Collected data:
+++++

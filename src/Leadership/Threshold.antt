-- ===== src/Leadership/Threshold.antt =====
-- That the fence of packages/consensus-model/src/leadership.rs is needed at every size, as well as
-- enough.
use hyperiondb.Prelude.{◌<◌, ◌≡◌, ◌↔◌, refl, true, false, some, arith, Bool-cases, inl, inr}
use hyperiondb.Prelude.Words.{u64_mod}
use hyperiondb.Explore.{take, later}
use hyperiondb.Leadership.{
  Leadership, LState, commit, record_commit, next_state, within_boundary, no_split_brain, Reach,
}
use hyperiondb.Leadership.Safety.{no_split_brain-always}
use hyperiondb.Leadership.Stale.{
  IsRoomy, offered_commit, stale, old_term, new_term, up-stale, writable-old, writable-new,
  inside-stale, committed-stale, stale-Reach,
}

module _ {c : Leadership} (roomy : IsRoomy c) (unfenced : c.fencing ≡ false) where
  open roomy use {many}

  -- Both leaders commit, the new one first.
  new_commit : LState
  new_commit = record (stale c roomy) { max_committed_term = 2; committed_leader = some 1 }

  split : LState
  split = record new_commit { split_brain = true }

  new-committed : next_state c (stale c roomy) (commit 1) ≡ some new_commit
  unfolding next_state record_commit new_commit
  new-committed = rw (unfenced, committed-stale c roomy, new_term c roomy) refl

  old-committed : next_state c new_commit (commit 0) ≡ some split
  unfolding next_state record_commit new_commit split
  old-committed = rw (unfenced, old_term c roomy) refl

  pub split_brain-Reach : (s : LState) × Reach c s × (no_split_brain s ≡ false)
  unfolding no_split_brain split new_commit within_boundary
  split_brain-Reach = (
    split,
    later
        (later (stale-Reach c roomy) (
          take (commit 1)
            (offered_commit c (stale c roomy) 1 (omega arith) (up-stale c roomy 1 (omega arith))
              (writable-new c roomy))
            new-committed (inside-stale c roomy)))
        (take (commit 0)
          (offered_commit c new_commit 0 (omega arith) (up-stale c roomy 0 (omega arith))
            (writable-old c roomy))
          old-committed (inside-stale c roomy)),
    refl,
  )

-- In a cluster of 3 to 31 nodes with room for one election and a bound on terms in 64 bits, every
-- reachable state is free of a split brain if and only if commits are fenced.
pub no_split_brain_iff :
    {c : Leadership}
    → IsRoomy c
    → c.max_term < u64_mod
    → ((s : LState) → Reach c s → no_split_brain s ≡ true) ↔ (c.fencing ≡ true)
no_split_brain_iff {c} roomy fits = (
  (λ safe. elim (Bool-cases c.fencing) [
    | inl e ↦ e
    | inr e ↦
        let (s, r, broken) = split_brain-Reach roomy e in absurd (ground (arith, safe s r, broken))
  ]),
  (λ fenced s r.
      no_split_brain-always
        (record { nonempty = omega (arith, roomy.many); term_fits = fits; fenced = fenced }) r),
)
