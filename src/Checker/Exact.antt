-- ===== src/Checker/Exact.antt =====
-- What one check of packages/consensus-model reports, at any size.
use hyperiondb.Prelude.{
  ◌+◌, ◌≤◌, ◌<◌, ◌≡◌, refl, true, false, not, inl, inr, arith, leb, List, In, Option-cases,
  Bool-cases, ◌∙◌, sym, ap,
}
use hyperiondb.Prelude.Words.{u64_mod}
use hyperiondb.Explore.{Rules, Run}
use hyperiondb.Durability.{Cluster, State, majority, init_state, model}
use hyperiondb.Durability.Safety.{no_acked_loss-always}
use hyperiondb.Durability.Stream.{IsRoomy}
use hyperiondb.Durability.Threshold.{acked_loss-Reach, failover_after_ack-Reach}
use hyperiondb.Leadership.{Leadership, LState, init_state as start, model as rules}
use hyperiondb.Leadership.Safety.{no_split_brain-always}
use hyperiondb.Leadership.Stale.{IsRoomy as IsRoomyL, stale, stale-Reach, stale-present}
use hyperiondb.Leadership.Threshold.{split_brain-Reach}
use hyperiondb.Checker.{
  Property, Found, is_some, sought, IsExhaustive, durability_properties, leadership_properties,
  check, check_split_brain,
}

module _ {S A : Type 0} {m : Rules S A} {init : S} {properties : List (Property S)}
    {found : Found S} (law : IsExhaustive m init properties found) (p : Property S)
    (here : In p properties) where
  -- A reachable state decides the property.
  pub is_found :
      (s : S)
      → Run m init s
      → p.condition s ≡ sought p.expectation
      → is_some (found.discovery p.name) ≡ true
  is_found s r e = elim (Option-cases (found.discovery p.name)) [
    | inl o ↦ absurd (ground (arith, e, law.exhausted p here o s r))
    | inr (t, o) ↦ rw o refl
  ]

  pub is_not_found :
      ((s : S) → Run m init s → p.condition s ≡ not (sought p.expectation))
      → is_some (found.discovery p.name) ≡ false
  is_not_found h = elim (Option-cases (found.discovery p.name)) [
    | inl o ↦ rw o refl
    | inr (t, o) ↦ let (r, e) = law.discovered p here t o in absurd (ground (arith, e, h t r))
  ]

-- A durability check by an exhaustive search, of a cluster of 3 to 31 nodes with room for a record and
-- a failover, bounds in 64 bits and a quorum of 1 to all nodes: it reports a violation exactly if the
-- quorum and a majority are together at most all nodes, and it does reach a failover after an
-- acknowledgement.
pub check-exact :
    (explored : Cluster → Found State) (c : Cluster)
    → IsExhaustive (model c) (init_state c) durability_properties (explored c)
    → IsRoomy c
    → 3 ≤ c.n
    → c.ack_quorum ≤ c.n
    → c.max_lsn < u64_mod
    → c.max_term < u64_mod
    → ((check explored c.n c.ack_quorum c.max_lsn c.max_term).safety_violated
        ≡ leb (c.ack_quorum + majority c) c.n)
      × ((check explored c.n c.ack_quorum c.max_lsn c.max_term).sometimes_met ≡ true)
unfolding check
check-exact explored c law roomy many le lsn_fits term_fits = (
  elim (Bool-cases (leb (c.ack_quorum + majority c) c.n)) [
    | inl e ↦
        let (s, r, lost) = acked_loss-Reach roomy (ground arith) in
        rw e (is_found law _ (inl refl) s r lost)
    | inr e ↦ rw e (
        is_not_found law _ (inl refl) (λ s r.
          no_acked_loss-always
            (record {
              nonempty = omega arith;
              lsn_fits = lsn_fits;
              term_fits = term_fits;
              quorum = ground arith;
            })
            r))
  ],
  (let (s, r, met) = failover_after_ack-Reach roomy le many in
      is_found law _ (inr (inl refl)) s r met),
)

-- A leadership check by an exhaustive search, of a cluster of 3 to 31 nodes with room for one election
-- and a bound on terms in 64 bits: it reports a violation exactly if commits are not fenced, and it
-- does reach a stale writable leader.
pub check_split_brain-exact :
    (explored : Leadership → Found LState) (c : Leadership)
    → IsExhaustive (rules c) (start c) leadership_properties (explored c)
    → IsRoomyL c
    → c.max_term < u64_mod
    → ((check_split_brain explored c.n c.max_term c.fencing).safety_violated ≡ not c.fencing)
      × ((check_split_brain explored c.n c.max_term c.fencing).sometimes_met ≡ true)
unfolding check_split_brain
check_split_brain-exact explored c law roomy fits = (
  elim (Bool-cases c.fencing) [
    | inl e ↦
        is_not_found law _ (inl refl) (λ s r.
          no_split_brain-always
            (record { nonempty = omega (arith, roomy.many); term_fits = fits; fenced = e }) r)
        ∙ sym (ap not e)
    | inr e ↦
        let (s, r, broken) = split_brain-Reach roomy e in
        is_found law _ (inl refl) s r broken ∙ sym (ap not e)
  ],
  is_found law _ (inr (inl refl)) (stale c roomy) (stale-Reach c roomy) (stale-present c roomy),
)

+++++

* **WHAT TO DO**: Your reply should consist of all the records, restated exactly.

* **TASK RESPONSE**:
filename src/Leadership/Threshold.antt
-- ===== src/Leadership/Threshold.antt =====
-- That the fence of packages/consensus-model/src/leadership.rs is needed at every size, as well as
-- enough.
use hyperiondb.Prelude.{◌<◌, ◌≡◌, ◌↔◌, refl, true, false, some, arith, Bool-cases, inl, inr}
use hyperiondb.Prelude.Words.{u64_mod}
use hyperiondb.Explore.{take, later}
use hyperiondb.Leadership.{
  Leadership, LState, commit, record_commit, next_state, within_boundary, no_split_brain, Reach,
}
use hyperiondb.Leadership.Safety.{no_split_brain-always}
use hyperiondb.Leadership.Stale.{
  IsRoomy, offered_commit, stale, old_term, new_term, up-stale, writable-old, writable-new,
  inside-stale, committed-stale, stale-Reach,
}

module _ {c : Leadership} (roomy : IsRoomy c) (unfenced : c.fencing ≡ false) where
  open roomy use {many}

  -- Both leaders commit, the new one first.
  new_commit : LState
  new_commit = record (stale c roomy) { max_committed_term = 2; committed_leader = some 1 }

  split : LState
  split = record new_commit { split_brain = true }

  new-committed : next_state c (stale c roomy) (commit 1) ≡ some new_commit
  unfolding next_state record_commit new_commit
  new-committed = rw (unfenced, committed-stale c roomy, new_term c roomy) refl

  old-committed : next_state c new_commit (commit 0) ≡ some split
  unfolding next_state record_commit new_commit split
  old-committed = rw (unfenced, old_term c roomy) refl

  pub split_brain-Reach : (s : LState) × Reach c s × (no_split_brain s ≡ false)
  unfolding no_split_brain split new_commit within_boundary
  split_brain-Reach = (
    split,
    later
        (later (stale-Reach c roomy) (
          take (commit 1)
            (offered_commit c (stale c roomy) 1 (omega arith) (up-stale c roomy 1 (omega arith))
              (writable-new c roomy))
            new-committed (inside-stale c roomy)))
        (take (commit 0)
          (offered_commit c new_commit 0 (omega arith) (up-stale c roomy 0 (omega arith))
            (writable-old c roomy))
          old-committed (inside-stale c roomy)),
    refl,
  )

-- In a cluster of 3 to 31 nodes with room for one election and a bound on terms in 64 bits, every
-- reachable state is free of a split brain if and only if commits are fenced.
pub no_split_brain_iff :
    {c : Leadership}
    → IsRoomy c
    → c.max_term < u64_mod
    → ((s : LState) → Reach c s → no_split_brain s ≡ true) ↔ (c.fencing ≡ true)
no_split_brain_iff {c} roomy fits = (
  (λ safe. elim (Bool-cases c.fencing) [
    | inl e ↦ e
    | inr e ↦
        let (s, r, broken) = split_brain-Reach roomy e in absurd (ground (arith, safe s r, broken))
  ]),
  (λ fenced s r.
      no_split_brain-always
        (record { nonempty = omega (arith, roomy.many); term_fits = fits; fenced = fenced }) r),
)
filename src/Checker/Exact.antt
-- ===== src/Checker/Exact.antt =====
-- What one check of packages/consensus-model reports, at any size.
use hyperiondb.Prelude.{
  ◌+◌, ◌≤◌, ◌<◌, ◌≡◌, refl, true, false, not, inl, inr, arith, leb, List, In, Option-cases,
  Bool-cases, ◌∙◌, sym, ap,
}
use hyperiondb.Prelude.Words.{u64_mod}
use hyperiondb.Explore.{Rules, Run}
use hyperiondb.Durability.{Cluster, State, majority, init_state, model}
use hyperiondb.Durability.Safety.{no_acked_loss-always}
use hyperiondb.Durability.Stream.{IsRoomy}
use hyperiondb.Durability.Threshold.{acked_loss-Reach, failover_after_ack-Reach}
use hyperiondb.Leadership.{Leadership, LState, init_state as start, model as rules}
use hyperiondb.Leadership.Safety.{no_split_brain-always}
use hyperiondb.Leadership.Stale.{IsRoomy as IsRoomyL, stale, stale-Reach, stale-present}
use hyperiondb.Leadership.Threshold.{split_brain-Reach}
use hyperiondb.Checker.{
  Property, Found, is_some, sought, IsExhaustive, durability_properties, leadership_properties,
  check, check_split_brain,
}

module _ {S A : Type 0} {m : Rules S A} {init : S} {properties : List (Property S)}
    {found : Found S} (law : IsExhaustive m init properties found) (p : Property S)
    (here : In p properties) where
  -- A reachable state decides the property.
  pub is_found :
      (s : S)
      → Run m init s
      → p.condition s ≡ sought p.expectation
      → is_some (found.discovery p.name) ≡ true
  is_found s r e = elim (Option-cases (found.discovery p.name)) [
    | inl o ↦ absurd (ground (arith, e, law.exhausted p here o s r))
    | inr (t, o) ↦ rw o refl
  ]

  pub is_not_found :
      ((s : S) → Run m init s → p.condition s ≡ not (sought p.expectation))
      → is_some (found.discovery p.name) ≡ false
  is_not_found h = elim (Option-cases (found.discovery p.name)) [
    | inl o ↦ rw o refl
    | inr (t, o) ↦ let (r, e) = law.discovered p here t o in absurd (ground (arith, e, h t r))
  ]

-- A durability check by an exhaustive search, of a cluster of 3 to 31 nodes with room for a record and
-- a failover, bounds in 64 bits and a quorum of 1 to all nodes: it reports a violation exactly if the
-- quorum and a majority are together at most all nodes, and it does reach a failover after an
-- acknowledgement.
pub check-exact :
    (explored : Cluster → Found State) (c : Cluster)
    → IsExhaustive (model c) (init_state c) durability_properties (explored c)
    → IsRoomy c
    → 3 ≤ c.n
    → c.ack_quorum ≤ c.n
    → c.max_lsn < u64_mod
    → c.max_term < u64_mod
    → ((check explored c.n c.ack_quorum c.max_lsn c.max_term).safety_violated
        ≡ leb (c.ack_quorum + majority c) c.n)
      × ((check explored c.n c.ack_quorum c.max_lsn c.max_term).sometimes_met ≡ true)
unfolding check
check-exact explored c law roomy many le lsn_fits term_fits = (
  elim (Bool-cases (leb (c.ack_quorum + majority c) c.n)) [
    | inl e ↦
        let (s, r, lost) = acked_loss-Reach roomy (ground arith) in
        rw e (is_found law _ (inl refl) s r lost)
    | inr e ↦ rw e (
        is_not_found law _ (inl refl) (λ s r.
          no_acked_loss-always
            (record {
              nonempty = omega arith;
              lsn_fits = lsn_fits;
              term_fits = term_fits;
              quorum = ground arith;
            })
            r))
  ],
  (let (s, r, met) = failover_after_ack-Reach roomy le many in
      is_found law _ (inr (inl refl)) s r met),
)

-- A leadership check by an exhaustive search, of a cluster of 3 to 31 nodes with room for one election
-- and a bound on terms in 64 bits: it reports a violation exactly if commits are not fenced, and it
-- does reach a stale writable leader.
pub check_split_brain-exact :
    (explored : Leadership → Found LState) (c : Leadership)
    → IsExhaustive (rules c) (start c) leadership_properties (explored c)
    → IsRoomyL c
    → c.max_term < u64_mod
    → ((check_split_brain explored c.n c.max_term c.fencing).safety_violated ≡ not c.fencing)
      × ((check_split_brain explored c.n c.max_term c.fencing).sometimes_met ≡ true)
unfolding check_split_brain
check_split_brain-exact explored c law roomy fits = (
  elim (Bool-cases c.fencing) [
    | inl e ↦
        is_not_found law _ (inl refl) (λ s r.
          no_split_brain-always
            (record { nonempty = omega (arith, roomy.many); term_fits = fits; fenced = e }) r)
        ∙ sym (ap not e)
    | inr e ↦
        let (s, r, broken) = split_brain-Reach roomy e in
        is_found law _ (inl refl) s r broken ∙ sym (ap not e)
  ],
  is_found law _ (inr (inl refl)) (stale c roomy) (stale-Reach c roomy) (stale-present c roomy),
)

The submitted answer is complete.